Work order:
Look through the entries and count each line that includes the string "within". Reply with the number alone.

(Dataset entries)

=======

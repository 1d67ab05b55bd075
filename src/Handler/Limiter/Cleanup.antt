-- ===== src/Handler/Limiter/Cleanup.antt =====
-- internal/handler/middleware.go: `cleanup` changes no later answer of the limiter.
use simple_auth.Prelude.{
  suc, ◌≤◌, String, ◌≡◌, refl, ap, subst, ◌∙◌, ◌⊎◌, inl, inr, Bool, true, false, Option, none, some,
  List, [], ◌∷◌, arith, lookup, lookup-without, keys, elem, IsDistinct, ltb, Bool-cases, ◌==◌,
  eq_iff,
}
use simple_auth.Store.Types.{Time}
use simple_auth.Handler.Limiter.{
  IpCounter, RateLimiter, add_duration, within, allow, allow_with, put_counter, drop_expired,
  cleanup,
}
use simple_auth.Handler.Limiter.Window.{let_through, is_fresh}

-- Two counters that no answer from `now` on tells apart.
abbrev Alike : Time → Option IpCounter → Option IpCounter → Type 0
Alike now a b = (a ≡ b) ⊎ ((a ≡ none) × (is_fresh now b ≡ true))

record Similar (now : Time) (a b : RateLimiter) : Type 0 where
  same_disabled : a.disabled ≡ b.disabled
  same_limit : a.limit ≡ b.limit
  same_window : a.window ≡ b.window
  counters_alike : (ip : String) → Alike now (lookup ip a.counters) (lookup ip b.counters)

-- No request comes before the instant.
abbrev pub AllAfter : Time → List (Time × String) → Type 0
AllAfter now [] = Unit
AllAfter now ((t, ip) ∷ l) = (now ≤ t) × AllAfter now l

absent_after :
    (now : Time) (ip : String) (l : List (String × IpCounter))
    → elem ip (keys l) ≡ false
    → lookup ip (drop_expired now l) ≡ none
unfolding drop_expired
absent_after now ip [] h = refl
absent_after now ip ((j, c) ∷ l) h = ground (arith, absent_after now ip l)

lookup-drop_expired :
    (now : Time) (ip : String) (l : List (String × IpCounter))
    → IsDistinct (keys l)
    → Alike now (lookup ip (drop_expired now l)) (lookup ip l)
unfolding drop_expired
lookup-drop_expired now ip [] d = inl refl
lookup-drop_expired now ip ((j, c) ∷ l) d = elim (Bool-cases (j == ip)) [
  | inl here ↦ elim (Bool-cases (ltb c.reset_at now)) [
    | inl ended ↦
        rw (ended, here) (inr (absent_after now ip l (rw ((eq_iff j ip).0 here) at d.0), ended))
    | inr live ↦ rw (live, here) (inl refl)
  ]
  | inr other ↦ elim (Bool-cases (ltb c.reset_at now)) [
    | inl ended ↦ rw (ended, other) (lookup-drop_expired now ip l d.1)
    | inr live ↦ rw (live, other) (lookup-drop_expired now ip l d.1)
  ]
]

put_counter-Similar :
    (now : Time) (ip : String) (c : IpCounter) (a b : RateLimiter)
    → Similar now a b
    → Similar now (put_counter ip c a) (put_counter ip c b)
put_counter-Similar now ip c a b sim = record {
  same_disabled = sim.same_disabled;
  same_limit = sim.same_limit;
  same_window = sim.same_window;
  counters_alike = λ j. elim (Bool-cases (ip == j)) [
    | inl here ↦ rw here (inl refl)
    | inr other ↦
        rw (other, lookup-without ip j a.counters, lookup-without ip j b.counters, other)
          (sim.counters_alike j)
  ];
}

-- The two branches of `allow`.
allow-off :
    (now : Time) (ip : String) (rl : RateLimiter)
    → rl.disabled ≡ true
    → allow now ip rl ≡ (true, rl)
unfolding allow
allow-off now ip rl off = simp off refl

allow-on :
    (now : Time) (ip : String) (rl : RateLimiter)
    → rl.disabled ≡ false
    → allow now ip rl ≡ allow_with now ip (lookup ip rl.counters) rl
unfolding allow
allow-on now ip rl on = simp on refl

module _ (now later : Time) (ip : String) (a b : RateLimiter) (sim : Similar now a b) where
  abbrev AgreeOn : Bool × RateLimiter → Bool × RateLimiter → Type 0
  AgreeOn x y = (x.0 ≡ y.0) × Similar now x.1 y.1

  fresh-AgreeOn : AgreeOn (allow_with later ip none a) (allow_with later ip none b)
  fresh-AgreeOn = (
    refl,
    subst
        (λ w.
          Similar now (allow_with later ip none a).1
            (put_counter ip (record { count = 1; reset_at = add_duration later w }) b))
        sim.same_window
        (put_counter-Similar now ip (record { count = 1; reset_at = add_duration later a.window }) a
          b sim),
  )

  same-AgreeOn :
      (o : Option IpCounter) → AgreeOn (allow_with later ip o a) (allow_with later ip o b)
  same-AgreeOn none = fresh-AgreeOn
  same-AgreeOn (some c) = elim (Bool-cases (ltb c.reset_at later)) [
    | inl ended ↦ rw ended fresh-AgreeOn
    | inr live ↦ rw live (
      ap (within (suc c.count)) sim.same_limit,
      put_counter-Similar now ip (record c { count = suc c.count }) a b sim,
    )
  ]

  absent-AgreeOn :
      (o : Option IpCounter)
      → now ≤ later
      → is_fresh now o ≡ true
      → AgreeOn (allow_with later ip none a) (allow_with later ip o b)
  absent-AgreeOn none le fresh = fresh-AgreeOn
  absent-AgreeOn (some c) le fresh =
      let ended : ltb c.reset_at later ≡ true = ground arith in rw ended fresh-AgreeOn

  allow-Similar : now ≤ later → AgreeOn (allow later ip a) (allow later ip b)
  allow-Similar le = elim (Bool-cases b.disabled) [
    | inl off ↦
        rw (allow-off later ip a (sim.same_disabled ∙ off), allow-off later ip b off) (refl, sim)
    | inr on ↦
        rw (allow-on later ip a (sim.same_disabled ∙ on), allow-on later ip b on)
          (elim (sim.counters_alike ip) [
            | inl same ↦ rw same (same-AgreeOn (lookup ip b.counters))
            | inr (absent, fresh) ↦ rw absent (absent-AgreeOn (lookup ip b.counters) le fresh)
          ])
  ]

let_through-Similar :
    (now : Time) (ip : String) (l : List (Time × String)) (a b : RateLimiter)
    → AllAfter now l
    → Similar now a b
    → let_through ip l a ≡ let_through ip l b
unfolding let_through
let_through-Similar now ip [] a b after sim = refl
let_through-Similar now ip ((later, other) ∷ l) a b after sim =
    let (same, sim') = allow-Similar now later other a b sim after.0 in
    rw
      (
        same,
        let_through-Similar now ip l (allow later other a).1 (allow later other b).1 after.1 sim',
      )
      refl

-- Where every address has one counter, a tick of `cleanup` changes no later answer: of the requests
-- that come at that instant or after it, as many of each address are let through as without it.
pub let_through-cleanup :
    (now : Time) (ip : String) (l : List (Time × String)) (rl : RateLimiter)
    → IsDistinct (keys rl.counters)
    → AllAfter now l
    → let_through ip l (cleanup now rl) ≡ let_through ip l rl
unfolding cleanup
let_through-cleanup now ip l rl d after =
    let_through-Similar now ip l (cleanup now rl) rl after (record {
      same_disabled = refl;
      same_limit = refl;
      same_window = refl;
      counters_alike = λ j. lookup-drop_expired now j rl.counters d;
    })
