-- ===== src/Handler/Lockout/Guard.antt =====
-- internal/handler/auth.go: failed logins lock an account, and the lock holds for its duration.
use simple_auth.Prelude.{
  ℕ, suc, ◌+◌, ◌≤◌, String, ◌≡◌, refl, ◌∙◌, true, some, List, [], ◌∷◌, arith, length, ◌++◌, eq_refl,
  inl, inr, ap, Option-cases, pos,
}
use simple_auth.Outcome.{Result, ok, err}
use simple_auth.Bolt.{Bbolt, json, read, put_raw}
use simple_auth.Bolt.Laws.{accepted_of_stored}
use simple_auth.Store.Types.{Time, User}
use simple_auth.Store.State.{BoltStore}
use simple_auth.Store.Users.{get_user, update_user}
use simple_auth.Handler.State.{Config, HandlerState}
use simple_auth.Handler.Settings.{get_account_lockout_threshold, get_account_lockout_duration}
use simple_auth.Handler.Lockout.{is_account_locked, record_failed_login, failed_once}

module _ ⦃bolt : Bbolt⦄ where
  -- An update of a stored user is read back.
  get_user-update_user :
      (u old : User) (s : BoltStore)
      → get_user u.guid s ≡ ok old
      → get_user u.guid (update_user u s).1 ≡ ok u
  unfolding get_user update_user read put_raw
  get_user-update_user u old s h = elim (Option-cases (bolt.get s.users u.guid)) [
    | inl absent ↦ let refuted = rw absent at h in cc
    | inr (d, there) ↦
        let fits = accepted_of_stored s.users u.guid there in
        rw (there, fits, bolt.get-write s.users u.guid u.guid (json u) fits, eq_refl u.guid) refl
  ]

  abbrev fail_at : Config → Time → Result User → HandlerState → HandlerState
  fail_at cfg now (ok u) st = record_failed_login cfg now u st
  fail_at cfg now (err e) st = st

  -- Failed logins of a user at the listed instants.
  unfoldable pub fail_times : Config → String → List Time → HandlerState → HandlerState
  fail_times cfg guid [] st = st
  fail_times cfg guid (now ∷ l) st =
      fail_times cfg guid l (fail_at cfg now (get_user guid st.store) st)

  module _ (cfg : Config) where
    -- What the user is after a failure.
    abbrev after : HandlerState → Time → User → User
    after st now u =
        failed_once (get_account_lockout_threshold cfg st.runtime_settings)
          (get_account_lockout_duration cfg st.runtime_settings) now u

    fail_at_lem :
        (now : Time) (u : User) (st : HandlerState)
        → get_user u.guid st.store ≡ ok u
        → (get_user u.guid (fail_at cfg now (get_user u.guid st.store) st).store
            ≡ ok (after st now u))
          × ((fail_at cfg now (get_user u.guid st.store) st).runtime_settings ≡ st.runtime_settings)
    unfolding record_failed_login
    fail_at_lem now u st h = (rw h (get_user-update_user (after st now u) u st.store h), rw h refl)

    after-locked :
        (st : HandlerState) (last : Time) (u : User) (n d : ℕ)
        → get_account_lockout_threshold cfg st.runtime_settings ≡ pos (suc n)
        → get_account_lockout_duration cfg st.runtime_settings ≡ pos d
        → n ≤ u.failed_login_attempts
        → (after st last u).locked_until ≡ some (last + d)
    after-locked st last u n d on lasting enough = rw (on, lasting) (ground arith)

    locked-live :
        (st : HandlerState) (now until : Time) (u : User) (n : ℕ)
        → get_account_lockout_threshold cfg st.runtime_settings ≡ pos (suc n)
        → u.locked_until ≡ some until
        → now ≤ until
        → (is_account_locked cfg now u st).0 ≡ true
    unfolding is_account_locked
    locked-live st now until u n on locked live = simp (on, locked) (ground arith)

    -- From a stored user, once the failures reach the positive threshold the user is stored as locked,
    -- and the account counts as locked until the lockout's duration after the last failure has passed,
    -- the settings being the same then.
    pub fail_times-locks :
        (l : List Time) (last now : Time) (u : User) (st : HandlerState) (n d : ℕ)
        → get_account_lockout_threshold cfg st.runtime_settings ≡ pos (suc n)
        → get_account_lockout_duration cfg st.runtime_settings ≡ pos d
        → get_user u.guid st.store ≡ ok u
        → n ≤ u.failed_login_attempts + length l
        → now ≤ last + d
        → (v : User) × (get_user u.guid (fail_times cfg u.guid (l ++ last ∷ []) st).store ≡ ok v)
          × ((is_account_locked cfg now v (fail_times cfg u.guid (l ++ last ∷ []) st)).0 ≡ true)
    unfolding fail_times
    fail_times-locks [] last now u st n d on lasting stored enough live =
        let (read, same) = fail_at_lem last u st stored in
        let st' = fail_at cfg last (get_user u.guid st.store) st in
        (
          after st last u,
          read,
          locked-live st' now (last + d) (after st last u) n
              (ap (get_account_lockout_threshold cfg) same ∙ on)
              (after-locked st last u n d on lasting (omega (arith, enough))) live,
        )
    fail_times-locks (t ∷ l) last now u st n d on lasting stored enough live =
        let (read, same) = fail_at_lem t u st stored in
        fail_times-locks l last now (after st t u) (fail_at cfg t (get_user u.guid st.store) st) n d
          (ap (get_account_lockout_threshold cfg) same ∙ on)
          (ap (get_account_lockout_duration cfg) same ∙ lasting) read (omega (arith, enough)) live
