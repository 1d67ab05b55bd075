-- ===== src/Handler/Login/Sound.antt =====
-- internal/handler/auth.go: what authenticateUser admits.
use simple_auth.Prelude.{
  String, ◌≡◌, refl, sym, ◌∙◌, ap, ◌⊎◌, inl, inr, Bool, true, false, not, ◌&&◌, Option, none, some,
  List, ltb, Bool-cases, Option-cases, ◌==◌, is_positive,
}
use simple_auth.Bolt.{Bbolt}
use simple_auth.Store.Types.{Time, User, App, LdapConfig}
use simple_auth.Handler.State.{Config, LdapResult, Env, HandlerState}
use simple_auth.Handler.Settings.{get_account_lockout_threshold}
use simple_auth.Handler.Lockout.{is_account_locked}
use simple_auth.Handler.Directory.{get_ldap_config_decrypted}
use simple_auth.Handler.Login.{
  Login, accepted, password_matches, mapped_user, app_local_user, guarded, unless_locked,
  local_check, app_local_check, ask_ldap, ldap_answered, ldap_login, local_login, app_login,
  authenticate_user,
}

module _ ⦃bolt : Bbolt⦄ where
  -- Clearing an expired lock leaves the hash.
  is_account_locked-hash :
      (cfg : Config) (now : Time) (u : User) (st : HandlerState)
      → (is_account_locked cfg now u st).1.password_hash ≡ u.password_hash
  unfolding is_account_locked
  is_account_locked-hash cfg now u st =
      elim (Bool-cases (is_positive (get_account_lockout_threshold cfg st.runtime_settings))) [
        | inl on ↦ elim (Option-cases u.locked_until) [
          | inl free ↦ rw (on, free) refl
          | inr (t, until) ↦ elim (Bool-cases (ltb t now)) [
            | inl ended ↦ rw (on, until, ended) refl
            | inr live ↦ rw (on, until, live) refl
          ]
        ]
        | inr off ↦ rw off refl
      ]

  unless_locked-accepted :
      (k : User → HandlerState → Login × HandlerState) (t : Bool × User × HandlerState)
      {guid : String} {groups : List String}
      → (unless_locked k t).0 ≡ accepted guid groups
      → (t.0 ≡ false) × ((k t.1 t.2).0 ≡ accepted guid groups)
  unless_locked-accepted k (true, u, st) h = cc
  unless_locked-accepted k (false, u, st) h = (refl, h)

  -- What passes the guard is not disabled and not locked.
  guarded-accepted :
      (cfg : Config) (now : Time) (k : User → HandlerState → Login × HandlerState) (u : User)
      (st : HandlerState) {guid : String} {groups : List String}
      → (guarded cfg now k u st).0 ≡ accepted guid groups
      → (u.disabled ≡ false)
        × ((is_account_locked cfg now u st).0 ≡ false)
        × ((k (is_account_locked cfg now u st).1 (is_account_locked cfg now u st).2).0
            ≡ accepted guid groups)
  guarded-accepted cfg now k u st h = elim (Bool-cases u.disabled) [
    | inl disabled ↦ let refuted = simp disabled at h in cc
    | inr enabled ↦
        let (free, passed) =
          unless_locked-accepted k (is_account_locked cfg now u st) (simp enabled at h) in
        (enabled, free, passed)
  ]

module _ ⦃bolt : Bbolt⦄ (env : Env) (cfg : Config) (fresh : String) (now : Time)
    (username password : String) where
  -- A directory, under some configuration, takes the name and the password.
  abbrev pub DirectoryAgrees : Type 0
  DirectoryAgrees =
      (c : LdapConfig) × (r : LdapResult) × (env.ldap_authenticate c username password ≡ some r)

  -- The user may log in at this moment, and the password is the one of the stored hash.
  abbrev pub PasswordAgrees : User → HandlerState → Type 0
  PasswordAgrees u st =
      (u.disabled ≡ false)
      × ((is_account_locked cfg now u st).0 ≡ false)
      × (password_matches env u password ≡ true)

  ask_ldap-agrees :
      (o : Option LdapConfig) {r : LdapResult}
      → ask_ldap env o username password ≡ some r
      → DirectoryAgrees
  ask_ldap-agrees none h = cc
  ask_ldap-agrees (some c) {r} h = (c, r, h)

  ldap_answered-accepted :
      (local : Option User) (st : HandlerState) (a : Option LdapResult) {guid : String}
      {groups : List String}
      → (ldap_answered env cfg fresh now username local st a).0 ≡ accepted guid groups
      → (r : LdapResult) × (a ≡ some r)
  ldap_answered-accepted none st none h = cc
  ldap_answered-accepted (some u) st none h = cc
  ldap_answered-accepted local st (some r) h = (r, refl)

  ldap_login-accepted :
      (local : Option User) (st : HandlerState) {guid : String} {groups : List String}
      → (ldap_login env cfg fresh now username password local st).0 ≡ accepted guid groups
      → DirectoryAgrees
  unfolding ldap_login
  ldap_login-accepted local st h =
      let answer = ask_ldap env (get_ldap_config_decrypted env st) username password in
      ask_ldap-agrees (get_ldap_config_decrypted env st)
        (ldap_answered-accepted local st answer h).1

  -- The hash that is checked after the lockout is the one before it.
  same_password :
      (u : User) (st : HandlerState)
      → password_matches env (is_account_locked cfg now u st).1 password
        ≡ password_matches env u password
  same_password u st =
      ap (λ hash. not (hash == "") && env.check_password hash password)
        (is_account_locked-hash cfg now u st)

  local_check-accepted :
      (u : User) (st : HandlerState) {guid : String} {groups : List String}
      → (local_check env cfg fresh now username password u st).0 ≡ accepted guid groups
      → (password_matches env u password ≡ true) ⊎ DirectoryAgrees
  local_check-accepted u st h = elim (Bool-cases (password_matches env u password)) [
    | inl right ↦ inl right
    | inr wrong ↦ inr (ldap_login-accepted (some u) st (rw wrong at h))
  ]

  app_local_check-accepted :
      (u : User) (st : HandlerState) {guid : String} {groups : List String}
      → (app_local_check env cfg now password u st).0 ≡ accepted guid groups
      → password_matches env u password ≡ true
  app_local_check-accepted u st h = elim (Bool-cases (password_matches env u password)) [
    | inl right ↦ right
    | inr wrong ↦ let refuted = rw wrong at h in cc
  ]

  local_login-accepted :
      (o : Option User) (st : HandlerState) {guid : String} {groups : List String}
      → (local_login env cfg fresh now username password st o).0 ≡ accepted guid groups
      → ((u : User) × (o ≡ some u) × PasswordAgrees u st) ⊎ DirectoryAgrees
  local_login-accepted none st h = inr (ldap_login-accepted none st h)
  local_login-accepted (some u) st h =
      let (enabled, free, passed) =
        guarded-accepted cfg now (local_check env cfg fresh now username password) u st h in
      elim (local_check-accepted (is_account_locked cfg now u st).1
        (is_account_locked cfg now u st).2 passed) [
          | inl right ↦ inl (u, refl, (enabled, free, sym (same_password u st) ∙ right))
          | inr agrees ↦ inr agrees
        ]

  app_login-accepted :
      (o : Option User) (st : HandlerState) {guid : String} {groups : List String}
      → (app_login env cfg fresh now username password st o).0 ≡ accepted guid groups
      → ((u : User) × ((o ≡ some u) ⊎ (mapped_user "local" username st ≡ some u))
          × PasswordAgrees u st)
        ⊎ DirectoryAgrees
  app_login-accepted none st h =
      elim (local_login-accepted (mapped_user "local" username st) st h) [
        | inl (u, mapped, agrees) ↦ inl (u, inr mapped, agrees)
        | inr agrees ↦ inr agrees
      ]
  app_login-accepted (some u) st h =
      let (enabled, free, passed) =
        guarded-accepted cfg now (app_local_check env cfg now password) u st h in
      let right =
        app_local_check-accepted (is_account_locked cfg now u st).1
          (is_account_locked cfg now u st).2 passed in
      inl (u, inl refl, (enabled, free, sym (same_password u st) ∙ right))

  -- A login that is accepted comes from a user that the app or the local provider maps the name to,
  -- who is neither disabled nor locked and whose stored hash is the password's, or from a directory
  -- that takes the name and the password.
  pub authenticate_user-accepted :
      (app : Option App) (st : HandlerState) {guid : String} {groups : List String}
      → (authenticate_user env cfg fresh now username password app st).0 ≡ accepted guid groups
      → ((u : User) × ((app_local_user app username st ≡ some u)
            ⊎ (mapped_user "local" username st ≡ some u))
          × PasswordAgrees u st)
        ⊎ DirectoryAgrees
  unfolding authenticate_user
  authenticate_user-accepted app st h = app_login-accepted (app_local_user app username st) st h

=======

Solution to this exercise:
2